- Siege of Chernihiv: Part of the Left-Bank Uprising
| Date | January – 20 September 1668 |
| Location | Chernihiv, Chernihiv Oblast |
| Result | Russian victory |

Belligerents
- Russian Tsardom: Cossack Hetmanate

Commanders and leaders
- Andrey Tolstoy [ru] Pyotr Skuratov-Belsky [ru] Grigory Romodanovsky Ivan Fanbudenbrock †: Ivan Samoylovych Demian Mnohohrishny

Strength
- Garrison: 500 soldiers Romodanovsky's army: 20,000–24,000 soldiers: Unknown

Casualties and losses
- Unknown: Heavy

= Siege of Chernihiv (1668) =

1668 siege of Chernihiv by the Cossacks

Siege of Chernihiv (Ukrainian: Облога Чернігова) was a siege of the Russian garrison in the city of Chernihiv in the Left-bank Ukraine by the Zaporozhian Cossacks led by Ivan Samoylovych during the Left-Bank Uprising. The Zaporozhians were besieging the city until September, when Romodanovsky's reinforcements arrived there and unblocked Andrei Tolstoy's garrison.

==Background==
Following the Truce of Andrusovo which had de-jure partitioned Ukraine between the Russia and the Polish-Lithuanian Commonwealth, the Cossacks led by Ivan Briukhovetsky who were dissatisfied with the treaty launched a major uprising against Russian rule in January of 1668. The Cossacks launched a wave of attacks on the Russian garrisons of the cities in Left-bank Ukraine.

==Siege==
The siege began at the early stage of the uprising in January of 1668, when the Cossacks of Chernihiv regiment led by colonel Ivan Samoylovych besieged the city as was reported by Andrei Tolstoy to Moscow. Most of the city was captured by Cossacks, while the 500-strong garrison led by Andrey Tolstoy was besieged by them in the Upper small town of Chernihiv.

On 16 of February, Ivan Briukhovetsky sent a message to Tolstoy where demanded him to surrender, abandon the cannons and light weapons and retreat to Russia, however he refused. The defenders were conducting raids to the nearby villages. During these raids, the Russians managed to inflict heavy casualties on the besiegers, capture Hetman's flag and some Cossacks.

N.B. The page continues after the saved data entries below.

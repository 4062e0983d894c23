-- ===== src/Lib.antt =====
-- Butterbot: the economy core of a Discord bot, its ledger, and the rules on who may move coins.
--
-- The program is layered. A command of the bot calls a service (src/butterbot/application); the service
-- hands a body to the transaction runner, which retries it; the body runs inside a unit of work, which
-- opens a transaction and offers repositories (src/butterbot/infrastructure/persistence). Here a body
-- is a state action `Tx A = Session → Result (A × Session)`: a session is what one unit of work sees,
-- an exception is an error value, and an action that raises leaves no session behind.
--
-- Files, and the code that each models:
--   Base, Result, Tx          shared types and lemmas, exceptions as values, the action monad with its
--                             rules (Tx/Rules, Tx/Steps)
--   Exact                     src/butterbot/application/exact_integer.py
--   Names                     src/butterbot/application/identity.py, economy/audit_identity.py and the
--                             patterns of operations/idempotency.py
--   Models, Session           src/butterbot/infrastructure/persistence/models.py; the tables, the
--                             tracker and the callbacks of a unit of work, and the functions of Python's
--                             library that the program calls (the record Environment)
--   Ledger                    the writes that grants.py, daily.py and corrections.py of
--                             src/butterbot/infrastructure/persistence share; Ledger/Measure says what
--                             double entry is, Ledger/Effects and Ledger/Moves what each write does to it
--   Players, Transport        src/butterbot/infrastructure/persistence/repositories.py
--   Requests, Idempotency     src/butterbot/application/operations/idempotency.py, its maintenance in
--                             Transport/Cleanup
--   Daily, Grants, Corrections the services' rules in src/butterbot/application/economy, each with its
--                             repository in the child Repository; Daily/Receipts has the
--                             CHECK on the receipts of claims
--   Restrictions, Proposals   src/butterbot/infrastructure/persistence/safety.py
--   Policy, Safety            src/butterbot/application/safety/service.py: `_mutate` and the audit in
--                             Safety, the operations in Safety/Access, Safety/Proposing, Safety/Money
--   Join, History             src/butterbot/application/players/join.py, economy/balance.py and
--                             economy/history.py, persistence/history.py
--   Runner                    src/butterbot/application/transactions.py
--   Units                     the begin, commit and roll back of
--                             src/butterbot/infrastructure/persistence/unit_of_work.py, and sequences of
--                             the operations above
--   Lifecycle                 the phases, the admission of writers, the resources and the shutdown of
--                             unit_of_work.py, as steps in any order (Lifecycle/Steps)
--   Checked, Readiness, Storage, Sentinel
--                             readiness.py, storage.py and the triggers of schema_contract.py in
--                             src/butterbot/infrastructure/persistence
--   Configuration             src/butterbot/discord_app/config.py and safety_config.py
--   ProcessLock, Runtime      persistence/process_lock.py and database.py: the start with its checks, and
--                             the calls of close
--   Bootstrap                 src/butterbot/bootstrap.py, over all of these
--   Eligibility, Monitor      src/butterbot/application/operations/mutation_eligibility.py and
--                             persistence/storage_monitor.py
--   Simulation                src/butterbot/simulation/economy.py: loading, validation, rates,
--                             projections and worksheets over fractions
--   Examples                  runs of the model and the theorems at concrete inputs
-- Reads holds the frame rules of the reads; the children Balanced hold those of each component's writes.
--
-- Choices. An integer is unbounded as in Python, and the 64-bit checks stand where the code has them.
-- UUIDs and Discord ids are natural numbers, and `ids` is the sequence of the UUIDs that are handed out.
-- Clock readings, eligibility verdicts and the runtime guard are arguments, sampled where the code
-- samples them. Times of the runner are whole milliseconds. A table is a list whose order nothing reads:
-- queries with an order sort. The runner is given fuel for `max_retries + 1` rounds, which is enough: a
-- failure after that many attempts is the last.
--
-- Asynchronous code is cut at its awaits: a function of Lifecycle is what runs between two of
-- them, and how a wait ends, a commit or the closing of a connection, is an argument or a step.
-- What the operating system and SQLite answer to readiness and storage checks, and to a start and
-- a close of the runtime, are records. A fraction is kept as it comes, not in lowest terms, and
-- compared by multiplying across.
--
-- Not modelled: the CHECKs of the tables other than keys, unique columns, the check on balances
-- and that on daily receipts (they only refuse more), and the triggers that seal history; the
-- text form of stored payloads; telemetry that is sent at once; the reading of /proc and of
-- SQLite's answers; what an engine does inside; the table of release hashes; the text of a
-- worksheet's cells (Decimal, square root, csv quoting) and command lines; the Discord library's
-- glue.
pub mod Base
pub mod Result
pub mod Exact
pub mod Json
pub mod Models
pub mod Session
pub mod Tx
pub mod Ledger
pub mod Names
pub mod Players
pub mod Requests
pub mod Transport
pub mod Idempotency
pub mod Restrictions
pub mod Daily
pub mod Reads
pub mod Policy
pub mod Proposals
pub mod Grants
pub mod Corrections
pub mod Safety
pub mod Join
pub mod History
pub mod Lifecycle
pub mod Eligibility
pub mod Monitor
pub mod Checked
pub mod Configuration
pub mod ProcessLock
pub mod Runtime
pub mod Bootstrap
pub mod Readiness
pub mod Storage
pub mod Sentinel
pub mod Runner
pub mod Simulation
pub mod Units
pub mod Examples
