-- ===== src/Base/Lists.antt =====
-- Lists searched by Boolean tests, measured by native numbers and summed in ℤ.
use Prim.Native.Nat.{ℕ, suc, zero}
use mathlib.Core.Path.{◌≡◌, refl}
use mathlib.Core.Bool.{Bool, true, false, ◌&&◌, ◌||◌}
use mathlib.Core.Option.{Option, none, some}
use mathlib.Core.List.{List, [], ◌∷◌, ◌++◌}
use native.Mathlib.Omega.{arith}
use butterbot.Base.Tests.{◌==◌, if◌then◌else◌}
use butterbot.Base.Int.{ℤ, pos, ◌+ℤ◌, int_laws}

module _ {ℓ} {A : Type ℓ} where
  abbrev pub length : List A → ℕ
  length [] = 0
  length (x ∷ xs) = suc (length xs)

  abbrev pub take : ℕ → List A → List A
  take zero xs = []
  take (suc n) [] = []
  take (suc n) (x ∷ xs) = x ∷ take n xs

  abbrev pub is_empty : List A → Bool
  is_empty [] = true
  is_empty (x ∷ xs) = false

  -- Some entry passes the test.
  abbrev pub any : (A → Bool) → List A → Bool
  any p [] = false
  any p (x ∷ xs) = p x || any p xs

  abbrev pub all : (A → Bool) → List A → Bool
  all p [] = true
  all p (x ∷ xs) = p x && all p xs

  -- The first entry that passes the test.
  abbrev pub find? : (A → Bool) → List A → Option A
  find? p [] = none
  find? p (x ∷ xs) = if p x then some x else find? p xs

  -- The entries that pass the test, in order.
  abbrev pub select : (A → Bool) → List A → List A
  select p [] = []
  select p (x ∷ xs) = if p x then x ∷ select p xs else select p xs

  abbrev pub count_if : (A → Bool) → List A → ℕ
  count_if p [] = 0
  count_if p (x ∷ xs) = if p x then suc (count_if p xs) else count_if p xs

  abbrev pub sum_by : (A → ℤ) → List A → ℤ
  sum_by f [] = pos 0
  sum_by f (x ∷ xs) = f x +ℤ sum_by f xs

  pub sum_by-append :
      (f : A → ℤ) (xs ys : List A) → sum_by f (xs ++ ys) ≡ sum_by f xs +ℤ sum_by f ys
  sum_by-append f [] ys = omega int_laws
  sum_by-append f (x ∷ xs) ys = rw (sum_by-append f xs ys) (omega int_laws)

  pub any-append : (p : A → Bool) (xs ys : List A) → any p (xs ++ ys) ≡ (any p xs || any p ys)
  any-append p [] ys = refl
  any-append p (x ∷ xs) ys = ground (arith, any-append p xs ys)

  pub find?-test : (p : A → Bool) (xs : List A) {a : A} → find? p xs ≡ some a → p a ≡ true
  find?-test p [] {a} e = ground arith
  find?-test p (x ∷ xs) {a} e = ground (arith, find?-test p xs {a = a})

  pub any-find? : (p : A → Bool) (xs : List A) {a : A} → find? p xs ≡ some a → any p xs ≡ true
  any-find? p [] {a} e = ground arith
  any-find? p (x ∷ xs) {a} e = ground (arith, any-find? p xs {a = a})

  pub find?-append_some :
      (p : A → Bool) (xs ys : List A) {a : A} → find? p xs ≡ some a → find? p (xs ++ ys) ≡ some a
  find?-append_some p [] ys {a} e = ground arith
  find?-append_some p (x ∷ xs) ys {a} e = ground (arith, find?-append_some p xs ys {a = a})

  pub find?-append_none :
      (p : A → Bool) (xs ys : List A) → any p xs ≡ false → find? p (xs ++ ys) ≡ find? p ys
  find?-append_none p [] ys e = refl
  find?-append_none p (x ∷ xs) ys e = ground (arith, find?-append_none p xs ys)

-- A number is in the list.
abbrev pub contains : ℕ → List ℕ → Bool
contains k = any (λ j. j == k)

Following the unsuccessful invasion of Russia and defeat at Sevsk, Doroshenko's Cossacks and Tatars retreated from the Left Bank, which allowed the Russian army to launch a major campaign into Ukraine in September of 1668. On 17 September, Romodanovsky approached Chernihiv. Demian Mnohohrishny asked help from Doroshenko but did not receive ot due to Doroshenko's ongoing confrontation with Sukhoviy. On 19–20 September, Romodanovsky launched an assault on 19–20 September which led to firstly New and then Old towns of Chernihiv being recaptured by the Russians and the siege being lifted. Mnohohrishny meanwhile had set off to confront the Russian army but was defeated at Sedniv on 22 September. Remaining Cossack forces led by Samoylovych were besieged by Romodanovsky in Tretyak district of Chernihiv, which was not assaulted by Romodanovsky, who believed that Samoylovych would soon surrender himself. Romodanovsky however met a strong resistance there which forced him to retreat to Putyvl on 5 October.

==Aftermath==
Following the successful lifting of the siege by Romodanovsky, Demian Mnohohrishny began peace talks with the Russian side, which led to his election as a hetman in December of 1668 and signing of the Hlukhiv articles in the March of 1669. In October, Doroshenko sent an army led by his brother Grigory that clashed with the Russian forces at Gaivoron and Konotop and temporarily pushed them from the Left Bank, however this did not bring a strong control over the Left Bank for Doroshenko as the Sukhoviy's Cossacks forced several Left Bank regiments to accept his suzerainty. The successful defense of Chernihiv by the Russian garrison, allowed the Russians to maintain their presence in the Severian land. Andrey Tolstoy, who was the key figure in the defense of Chernihiv, received a title of the Dumnyi dvorianin on 10 November 1668.